Terzo: il Cantone, che nel sistema inietta annualmente una catervadi milioni, di cui peraltro l’80% è dei Comuni, mentre solo il 20% è del Cantone: perché questa è, in Ticino, la chiave di riparto dei finanziamenti pubblici al settore “anziani e cure a domicilio”. Un settore che, nel suo complesso  – quindi includendo anche le case per anziani ed i SACD pubblici – a livello cantonale nel 2018 costava 200 milioni di franchi, che nel 2023 erano saliti a 300. 100 milioni in più in 5 anni!

Con calma, neh…

Confrontato con l’impennata degli spitex privati e degli infermieri indipendenti, e della conseguente spesa, il Cantone (DSS) avrebbe dovuto attivarsi ben prima. Ma per anni è stato alla finestra. Adesso l’articolo 55b LAMal citato sopra permette di decretare una moratoria sulle nuove autorizzazioni. Intanto però la maggioranza dei buoi è già fuori dalla stalla. E, tanto per far uscire anche gli ultimi bovini, il governicchio se la prende comoda.
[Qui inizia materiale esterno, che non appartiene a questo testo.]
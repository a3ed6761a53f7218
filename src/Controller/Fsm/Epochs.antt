-- ===== src/Controller/Fsm/Epochs.antt =====
-- internal/controller/fsm.go: epochs, elections and fencing.
use distributed_messaging_sy.Common.{
  Bool-cases, inl, inr, ℕ, ◌+◌, ◌%◌, ◌^◌, ◌<◌, ◌≡◌, ◌≢◌, ◌⊎◌, refl, sym, subst, true, false, some,
  arith, contains, lookup, insert, lookup-insert, lookup-insert_self, nat_eq, bytes_eq, bytes_Eq,
  if◌then◌else◌, Option-cases, inl, inr, ◌==◌,
}
use distributed_messaging_sy.Controller.State.{
  BrokerInfo, PartitionState, TopicPartitionKey, key_eq, key_Eq, ControllerState,
  RegisterBrokerCommand, UnfenceBrokerCommand, UpdatePartitionCommand, ok, err,
  stale_partition_epoch, stale_broker_epoch,
}
use distributed_messaging_sy.Controller.Endpoints.{normalize_endpoints}
use distributed_messaging_sy.Controller.Assignment.Exact.{
  Result-cases, IsAssignment, validate_partition_spec_iff,
}
use distributed_messaging_sy.Controller.Fsm.{
  registered, write_broker, register_over, apply_register_broker, unfence_over,
  apply_unfence_broker, updated_partition, update_over, apply_update_partition,
}

abbrev pub target : UpdatePartitionCommand → TopicPartitionKey
target cmd = record { topic = cmd.topic; partition = cmd.partition }

-- What an accepted UpdatePartition does to the partition `old`.
pub record IsUpdate (s s' : ControllerState) (cmd : UpdatePartitionCommand)
    (old new : PartitionState) : Type 0 where
  pub was : lookup (target cmd) s.partitions ≡ some old
  pub is_now : lookup (target cmd) s'.partitions ≡ some new
  pub leader_now : new.leader_broker_id ≡ cmd.leader_broker_id
  pub replicas_now : new.replicas ≡ cmd.replicas
  pub isr_now : new.isr ≡ cmd.isr
  pub assignment : IsAssignment s.brokers cmd.leader_broker_id cmd.replicas cmd.isr
  pub expected : cmd.expected_partition_epoch ≡ old.partition_epoch
  pub next_partition_epoch : new.partition_epoch ≡ (old.partition_epoch + 1) % 2 ^ 32
  pub leader_epoch_now : new.leader_epoch ≡ (
      if cmd.leader_broker_id == old.leader_broker_id
      then old.leader_epoch
      else (old.leader_epoch + 1) % 2 ^ 32)
  pub elected :
      (cmd.leader_broker_id ≡ old.leader_broker_id)
      ⊎ ((contains old.isr cmd.leader_broker_id ≡ true) ⊎ (cmd.allow_unclean_election ≡ true))
  pub others :
      (k : TopicPartitionKey)
      → lookup k s'.partitions ≡ (if key_eq (target cmd) k then some new else lookup k s.partitions)
  pub same_brokers : s'.brokers ≡ s.brokers

-- An accepted UpdatePartition gives the partition the leader, the replicas and the ISR of the
-- command, which are an allowed assignment for the brokers; it named the current partition epoch and
-- moves it on by one, both modulo 2 ^ 32; it moves
-- the leader epoch on by one exactly when the leader changes; a new leader was in the previous ISR
-- unless an unclean election was asked for; and every other partition is as it was.
pub apply_update_partition-IsUpdate :
    (s : ControllerState) (cmd : UpdatePartitionCommand) (s' : ControllerState)
    → apply_update_partition s cmd ≡ ok s'
    → (old : PartitionState) × IsUpdate s s' cmd old (updated_partition cmd old)
unfolding apply_update_partition update_over
apply_update_partition-IsUpdate s cmd s' h =
    elim (Option-cases (lookup (target cmd) s.partitions)) [
      | inl missing ↦ absurd (ground arith)
      | inr (old, found) ↦
          let new = updated_partition cmd old in
          let e : record s { partitions = insert (target cmd) new s.partitions } ≡ s' =
            ground arith in
          (
            old,
            record {
              was = found;
              is_now = ground (arith, e, lookup-insert_self (target cmd) new s.partitions);
              leader_now = unfold updated_partition in refl;
              replicas_now = unfold updated_partition in refl;
              isr_now = unfold updated_partition in refl;
              assignment =
                  (validate_partition_spec_iff s.brokers cmd.leader_broker_id cmd.replicas
                      cmd.isr).0
                    (ground arith);
              expected = ground arith;
              next_partition_epoch = unfold updated_partition in refl;
              leader_epoch_now = unfold updated_partition in ground arith;
              elected = ground arith;
              others = λ k. ground (arith, e, lookup-insert (target cmd) k new s.partitions);
              same_brokers = ground (arith, e);
            },
          )
    ]

-- The next epoch differs from the one before, also where it wraps.
next_epoch_ne : (e : ℕ) → (e == (e + 1) % 2 ^ 32) ≡ false
next_epoch_ne e = ground arith

-- Two updates that name the same partition epoch of one partition: once the first is accepted, the
-- second, whatever it asks for, is refused as stale.
pub apply_update_partition_stale :
    (s s' : ControllerState) (first second : UpdatePartitionCommand)
    → apply_update_partition s first ≡ ok s'
    → target second ≡ target first
    → second.expected_partition_epoch ≡ first.expected_partition_epoch
    → apply_update_partition s' second ≡ err stale_partition_epoch
apply_update_partition_stale s s' first second h same_target same_epoch =
    let (old, u) = apply_update_partition-IsUpdate s first s' h in
    let now : lookup (target second) s'.partitions ≡ some (updated_partition first old) =
      subst (λ k. lookup k s'.partitions ≡ some (updated_partition first old)) (sym same_target)
        u.is_now in
    unfold apply_update_partition update_over in
    ground (arith, now, u.expected, u.next_partition_epoch, next_epoch_ne old.partition_epoch)

-- Once a broker id is registered by another incarnation, at a log index behind the old broker
-- epoch, an UnfenceBroker that names the old broker epoch is refused: the old process stays fenced.
pub apply_register_broker_fences :
    (s s' : ControllerState) (cmd : RegisterBrokerCommand) (index : ℕ) (old : BrokerInfo)
    → lookup cmd.id s.brokers ≡ some old
    → bytes_eq old.incarnation_id cmd.incarnation_id ≡ false
    → old.broker_epoch < index
    → apply_register_broker s cmd index ≡ ok s'
    → (old.fenced ≡ true)
      × (apply_unfence_broker s' (record { broker_id = cmd.id; broker_epoch = old.broker_epoch })
          ≡ err stale_broker_epoch)
unfolding apply_register_broker register_over write_broker
apply_register_broker_fences s s' cmd index old found other older h =
    elim (Result-cases (normalize_endpoints cmd.endpoints)) [
      | inr (e, p) ↦ absurd (ground arith)
      | inl (endpoints, p) ↦
          let b = registered cmd index endpoints in
          let e : record s { brokers = insert cmd.id b s.brokers } ≡ s' = ground arith in
          let now : lookup cmd.id s'.brokers ≡ some b =
            subst (λ r. lookup cmd.id r.brokers ≡ some b) e
              (lookup-insert_self cmd.id b s.brokers) in
          (ground arith, unfold apply_unfence_broker unfence_over registered in ground (arith, now))
    ]

-- UnfenceBroker of a registered broker: with the current epoch of the broker it makes the broker
-- live and changes nothing else about any broker; with any other epoch it is refused as stale.
pub apply_unfence_broker_cases :
    (s : ControllerState) (cmd : UnfenceBrokerCommand) (b : BrokerInfo)
    → lookup cmd.broker_id s.brokers ≡ some b
    → ((b.broker_epoch ≡ cmd.broker_epoch)
        × (s' : ControllerState) × (apply_unfence_broker s cmd ≡ ok s')
        × ((id : ℕ)
            → lookup id s'.brokers ≡ (
                if cmd.broker_id == id
                then some (record b { fenced = false })
                else lookup id s.brokers)))
      ⊎ ((b.broker_epoch ≢ cmd.broker_epoch)
          × (apply_unfence_broker s cmd ≡ err stale_broker_epoch))
unfolding apply_unfence_broker unfence_over write_broker
apply_unfence_broker_cases s cmd b found = elim (Bool-cases (b.broker_epoch == cmd.broker_epoch)) [
  | inl current ↦ inl (
    ground arith,
    record s { brokers = insert cmd.broker_id (record b { fenced = false }) s.brokers },
    ground arith,
    λ id. lookup-insert cmd.broker_id id (record b { fenced = false }) s.brokers,
  )
  | inr stale ↦ inr (ground arith, ground arith)
]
La moratoria può entrare in vigore il prossimo 1° luglio. Ma il CdS ha avviato la consultazione solo a fine maggio. In seguito dovrà ancora licenziare il Messaggio al parlatoio cantonale, il qualedovrà approvarlo. Se va bene, dunque, lo stop alle nuove autorizzazioni diventerà effettivo nel 2025. Traduzione: ulteriori mesi persi! Quanto scommettiamo che, in questo lasso di tempo, si assisterà ad un’esplosione delle richieste di autorizzazione, che “dovranno” essere accordate, di modo che, quando la moratoria finalmente arriverà (?), il mercato sarà ormai già saturato?